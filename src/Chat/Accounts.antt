-- ===== src/Chat/Accounts.antt =====
-- Accounts: user_exists, store_user and authenticate_user of 局域网聊天/server_tool.c, on users.txt.
-- A line of the file is `name:hash`. What store_user prints is left out.
pub mod Book
mod Lines
pub mod Login
pub mod Twice
pub mod Limits
use learningproject.Common.{
  ℕ, ◌+◌, Bool, true, false, ◌&&◌, ◌||◌, List, [], ◌∷◌, ◌++◌, Option, none, some, if◌then◌else◌,
  ◌==◌, leb, length, take, drop,
}
use learningproject.Chat.Text.{str_eq, before, simple_hash, utf8}
use learningproject.Chat.Disk.{
  Disk, find, text_of, append_text, create, fgets_all, some_line, users_path, friends_path,
  groups_path,
}

-- `sscanf(line, "%63[^:]", u)`: 63 bytes at most, up to a colon. It is 1 if there is one.
pub scan_name : List ℕ → Option (List ℕ)
scan_name line = let u = take 63 (before b':' line) in if length u == 0 then none else some u

is_space : ℕ → Bool
is_space c = c == 32 || (leb 9 c && leb c 13)

skip_space : List ℕ → List ℕ
skip_space [] = []
skip_space (c ∷ cs) = let rest = skip_space cs in if is_space c then rest else c ∷ cs

word : List ℕ → List ℕ
word [] = []
word (c ∷ cs) = if is_space c then [] else c ∷ word cs

-- `%63s`
scan_word : List ℕ → Option (List ℕ)
scan_word text = let w = take 63 (word (skip_space text)) in if length w == 0 then none else some w

-- the colon of the format, and `%63s`
pub scan_hash : List ℕ → Option (List ℕ)
scan_hash [] = none
scan_hash (c ∷ rest) = if c == b':' then scan_word rest else none

-- `sscanf(line, "%63[^:]:%63s", u, h) == 2`, and both compare equal
pub account_matches : List ℕ → List ℕ → List ℕ → Bool
account_matches username hash line = elim (scan_name line) [
  | none ↦ false
  | some u ↦ elim (scan_hash (drop (length u) line)) [
    | none ↦ false
    | some h ↦ str_eq u username && str_eq h hash
  ]
]

pub name_matches : List ℕ → List ℕ → Bool
name_matches username line = elim (scan_name line) [ none ↦ false | some u ↦ str_eq u username ]

pub user_exists : List ℕ → Disk → Bool
user_exists username d = elim (text_of users_path d) [
  | none ↦ false
  | some text ↦ some_line (name_matches username) (fgets_all 256 text)
]

pub store_user : List ℕ → List ℕ → Disk → Disk
store_user username password d =
    let d₁ = append_text users_path (username ++ b':' ∷ simple_hash password ++ 10 ∷ []) d in
    let d₂ = create (friends_path username) d₁ in create (groups_path username) d₂

pub authenticate_user : List ℕ → List ℕ → Disk → Bool
authenticate_user username password d = elim (text_of users_path d) [
  | none ↦ false
  | some text ↦ some_line (account_matches username (simple_hash password)) (fgets_all 256 text)
]
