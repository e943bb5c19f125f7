-- ===== src/Chat/Text/Decimal.antt =====
-- The decimal form of a number determines it, so two hashes print alike only if they are equal.
use native.Mathlib.Nat.{pow-suc}
use learningproject.Common.{
  length, length-append, ℕ, zero, suc, ◌+◌, ◌-◌, ◌*◌, ◌/◌, ◌%◌, ◌^◌, ◌≤◌, ◌<◌, ◌≡◌, refl, sym, ap,
  ◌∙◌, List, [], ◌∷◌, ◌++◌, arith, ltb, ltb→lt, Bool-cases, inl, inr,
}
use learningproject.Chat.Text.{decimal}

-- the number that some digits stand for, after the digits of `acc`
value : ℕ → List ℕ → ℕ
value acc [] = acc
value acc (d ∷ ds) = value (acc * 10 + (d - b'0')) ds

value-nil : value 0 [] ≡ 0
unfolding value
value-nil = refl

value-append : (acc d : ℕ) (ds : List ℕ) → value acc (ds ++ d ∷ []) ≡ value acc ds * 10 + (d - b'0')
unfolding value
value-append acc d [] = refl
value-append acc d (e ∷ ds) = value-append (acc * 10 + (e - b'0')) d ds

value-decimal : (fuel n : ℕ) → n < 10 ^ fuel → value 0 (decimal fuel n) ≡ n
unfolding decimal
value-decimal zero n h = let none_left : n ≡ 0 = omega arith in rw none_left value-nil
value-decimal (suc fuel) n h = elim (Bool-cases (ltb n 10)) [
  | inl small ↦
      rw small (value-append 0 (b'0' + n % 10) [] ∙ omega (arith, value-nil, ltb→lt n 10 small))
  | inr big ↦ rw big (
      value-append 0 (b'0' + n % 10) (decimal fuel (n / 10))
      ∙ omega (arith, value-decimal fuel (n / 10) (omega (arith, pow-suc 10 fuel))))
]

-- Two numbers of at most `fuel` digits that print alike are equal.
pub decimal-injective :
    (fuel n m : ℕ) → n < 10 ^ fuel → m < 10 ^ fuel → decimal fuel n ≡ decimal fuel m → n ≡ m
decimal-injective fuel n m hn hm e =
    sym (value-decimal fuel n hn) ∙ ap (value 0) e ∙ value-decimal fuel m hm

-- only digits
abbrev pub IsDigits : List ℕ → Type 0
IsDigits [] = Unit
IsDigits (d ∷ ds) = (48 ≤ d) × (d ≤ 57) × IsDigits ds

IsDigits-append : (ds : List ℕ) (d : ℕ) → IsDigits ds → 48 ≤ d → d ≤ 57 → IsDigits (ds ++ d ∷ [])
IsDigits-append [] d h lo hi = (lo, hi, tt)
IsDigits-append (e ∷ ds) d h lo hi = (h.0, h.1, IsDigits-append ds d h.2 lo hi)

pub decimal-IsDigits : (fuel n : ℕ) → IsDigits (decimal fuel n)
unfolding decimal
decimal-IsDigits zero n = tt
decimal-IsDigits (suc fuel) n = elim (Bool-cases (ltb n 10)) [
  | inl small ↦ rw small (IsDigits-append [] (b'0' + n % 10) tt (omega arith) (omega arith))
  | inr big ↦ rw big (
      IsDigits-append (decimal fuel (n / 10)) (b'0' + n % 10) (decimal-IsDigits fuel (n / 10))
        (omega arith) (omega arith))
]

pub length-decimal : (fuel n : ℕ) → length (decimal fuel n) ≤ fuel
unfolding decimal
length-decimal zero n = omega arith
length-decimal (suc fuel) n = elim (Bool-cases (ltb n 10)) [
  | inl small ↦ rw small (omega arith)
  | inr big ↦ rw big (
      omega (
        arith,
        length-append (decimal fuel (n / 10)) ((b'0' + n % 10) ∷ []),
        length-decimal fuel (n / 10),
      ))
]

pub decimal_pos : (fuel n : ℕ) → 0 < fuel → 0 < length (decimal fuel n)
unfolding decimal
decimal_pos zero n h = absurd (omega arith)
decimal_pos (suc fuel) n h = elim (Bool-cases (ltb n 10)) [
  | inl small ↦ rw small (omega arith)
  | inr big ↦ rw big (omega (arith, length-append (decimal fuel (n / 10)) ((b'0' + n % 10) ∷ [])))
]
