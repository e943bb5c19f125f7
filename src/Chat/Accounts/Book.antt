-- ===== src/Chat/Accounts/Book.antt =====
-- users.txt as a list of accounts: 局域网聊天/server_tool.c, user_exists, store_user, authenticate_user.
use learningproject.Common.{ℕ, ◌≤◌, ◌<◌, ◌≡◌, Bool, false, ◌&&◌, ◌||◌, List, [], ◌∷◌, ◌++◌, length}
use learningproject.Chat.Text.{str_eq}
use learningproject.Chat.Text.Laws.{Without}
use learningproject.Chat.Text.Decimal.{IsDigits}
use learningproject.Chat.Disk.{Disk, text_of, or_empty, users_path}

pub record Entry : Type 0 where
  pub name : List ℕ
  pub hash : List ℕ

-- the line of an entry
abbrev pub line : Entry → List ℕ
line e = e.name ++ b':' ∷ e.hash

unfoldable pub print_book : List Entry → List ℕ
print_book [] = []
print_book (e ∷ es) = line e ++ 10 ∷ print_book es

-- A name that the file can hold.
pub record IsName (u : List ℕ) : Type 0 where
  pub some_byte : 0 < length u
  pub fits : length u ≤ 63
  pub no_colon : Without b':' u
  pub no_newline : Without 10 u

pub record IsEntry (e : Entry) : Type 0 where
  pub named : IsName e.name
  pub digits : IsDigits e.hash
  pub some_digit : 0 < length e.hash
  pub fits_hash : length e.hash ≤ 63

abbrev pub AllEntries : List Entry → Type 0
AllEntries [] = Unit
AllEntries (e ∷ es) = IsEntry e × AllEntries es

unfoldable pub has_name : List ℕ → List Entry → Bool
has_name u [] = false
has_name u (e ∷ es) = str_eq e.name u || has_name u es

unfoldable pub has_account : List ℕ → List ℕ → List Entry → Bool
has_account u h [] = false
has_account u h (e ∷ es) = (str_eq e.name u && str_eq e.hash h) || has_account u h es

-- users.txt holds these entries; with none it may be missing.
pub record HoldsBook (d : Disk) (es : List Entry) : Type 0 where
  pub text : or_empty (text_of users_path d) ≡ print_book es
  pub entries : AllEntries es
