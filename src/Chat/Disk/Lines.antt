-- ===== src/Chat/Disk/Lines.antt =====
-- Files that hold a name on each line, as 局域网聊天/server_tool.c writes and reads them.
use mathlib.Core.List.{append_assoc}
use learningproject.Common.{
  ℕ, ◌+◌, ◌-◌, ◌≤◌, ◌<◌, ◌≡◌, ◌≢◌, refl, sym, ap, ap₂, ◌∙◌, Bool, false, ◌||◌, List, [], ◌∷◌, ◌++◌,
  arith, inl, inr, Bool-cases, if◌then◌else◌, length,
}
use learningproject.Chat.Text.{str_eq}
use learningproject.Chat.Text.Laws.{Without, before-append, before_of_Without, str_eq_iff}
use learningproject.Chat.Disk.{fgets_from, lines_of, print_without, some_line}

-- a name on each line
unfoldable pub print_lines : List (List ℕ) → List ℕ
print_lines [] = []
print_lines (n ∷ ns) = n ++ 10 ∷ print_lines ns

-- Each name is without a newline, and fits with one into a buffer of `size` bytes.
abbrev pub AllFit : ℕ → List (List ℕ) → Type 0
AllFit size [] = Unit
AllFit size (n ∷ ns) = Without 10 n × (length n + 2 ≤ size) × AllFit size ns

-- the lines other than `victim`
pub without : List ℕ → List (List ℕ) → List (List ℕ)
without victim [] = []
without victim (n ∷ ns) = if str_eq n victim then without victim ns else n ∷ without victim ns

-- A line that fits is read whole.
pub fgets-line :
    (full room : ℕ) (n rest : List ℕ)
    → Without 10 n
    → length n + 1 ≤ room
    → fgets_from full room (n ++ 10 ∷ rest) ≡ (n ++ 10 ∷ []) ∷ fgets_from full full rest
unfolding fgets_from
fgets-line full room [] rest w h = refl
fgets-line full room (b ∷ bs) rest w h = ground (arith, fgets-line full (room - 1) bs rest w.1)

-- What was printed a name on each line is read back, if each name fits with its newline.
pub lines_of-print_lines :
    (size : ℕ) (names : List (List ℕ))
    → AllFit size names
    → lines_of size (print_lines names) ≡ names
unfolding print_lines fgets_from
lines_of-print_lines size [] h = refl
lines_of-print_lines size (n ∷ ns) h =
    rw (fgets-line (size - 1) (size - 1) n (print_lines ns) h.0 (omega (arith, h.1)))
      (ap₂ ◌∷◌ (before-append 10 n [] h.0) (lines_of-print_lines size ns h.2))

fgets-full :
    (full room : ℕ) (n rest : List ℕ)
    → Without 10 n
    → length n ≡ room
    → 0 < room
    → fgets_from full room (n ++ rest) ≡ n ∷ fgets_from full full rest
unfolding fgets_from
fgets-full full room [] rest w h p = absurd (omega arith)
fgets-full full room (b ∷ []) rest w h p = ground arith
fgets-full full room (b ∷ c ∷ bs) rest w h p =
    ground (arith, fgets-full full (room - 1) (c ∷ bs) rest w.1)

-- A name of exactly `size - 1` bytes fills the buffer, and its newline is read as an empty line.
pub lines_of_full :
    (size : ℕ) (n : List ℕ)
    → Without 10 n
    → length n + 1 ≡ size
    → 2 ≤ size
    → lines_of size (print_lines (n ∷ [])) ≡ n ∷ [] ∷ []
unfolding print_lines fgets_from
lines_of_full size n w h p =
    rw (fgets-full (size - 1) (size - 1) n (10 ∷ []) w (omega arith) (omega arith))
      (ap₂ ◌∷◌ (before_of_Without 10 n w) (ap (λ l. l ∷ []) (before-append 10 [] [] tt)))

pub print_without-lem :
    (victim : List ℕ) (ns : List (List ℕ))
    → print_without victim ns ≡ print_lines (without victim ns)
unfolding print_without print_lines without
print_without-lem victim [] = refl
print_without-lem victim (n ∷ ns) = elim (Bool-cases (str_eq n victim)) [
  | inl e ↦ rw e (print_without-lem victim ns)
  | inr e ↦ rw e (
      append_assoc n (10 ∷ []) (print_without victim ns)
      ∙ ap (λ r. n ++ 10 ∷ r) (print_without-lem victim ns))
]

pub print_lines-append :
    (xs ys : List (List ℕ)) → print_lines (xs ++ ys) ≡ print_lines xs ++ print_lines ys
unfolding print_lines
print_lines-append [] ys = refl
print_lines-append (x ∷ xs) ys =
    rw (print_lines-append xs ys) (sym (append_assoc x (10 ∷ print_lines xs) (print_lines ys)))

-- Whether a line is in the file
pub some_line-append :
    (p : List ℕ → Bool) (xs ys : List (List ℕ))
    → some_line p (xs ++ ys) ≡ (some_line p xs || some_line p ys)
unfolding some_line
some_line-append p [] ys = refl
some_line-append p (x ∷ xs) ys = ground (arith, some_line-append p xs ys)

pub some_line-without :
    (victim : List ℕ) (ns : List (List ℕ))
    → some_line (λ l. str_eq l victim) (without victim ns) ≡ false
unfolding some_line without
some_line-without victim [] = refl
some_line-without victim (n ∷ ns) = ground (arith, some_line-without victim ns)

-- Other lines stay.
pub some_line-without_ne :
    (victim other : List ℕ) (ns : List (List ℕ))
    → victim ≢ other
    → some_line (λ l. str_eq l other) (without victim ns) ≡ some_line (λ l. str_eq l other) ns
unfolding some_line without
some_line-without_ne victim other [] ne = refl
some_line-without_ne victim other (n ∷ ns) ne =
    ground (arith, some_line-without_ne victim other ns ne, str_eq_iff n victim, str_eq_iff n other)

pub AllFit-append :
    (size : ℕ) (xs ys : List (List ℕ)) → AllFit size xs → AllFit size ys → AllFit size (xs ++ ys)
AllFit-append size [] ys hx hy = hy
AllFit-append size (x ∷ xs) ys hx hy = (hx.0, hx.1, AllFit-append size xs ys hx.2 hy)

pub AllFit-without :
    (size : ℕ) (v : List ℕ) (xs : List (List ℕ)) → AllFit size xs → AllFit size (without v xs)
unfolding without
AllFit-without size v [] h = tt
AllFit-without size v (x ∷ xs) h = elim (Bool-cases (str_eq x v)) [
  | inl e ↦ rw e (AllFit-without size v xs h.2)
  | inr e ↦ rw e (h.0, h.1, AllFit-without size v xs h.2)
]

— EXERCISE INSTRUCTIONS —
Report how many lines in the data above contain "equal", without any other words.

— OUTPUT OF THE TASK —
3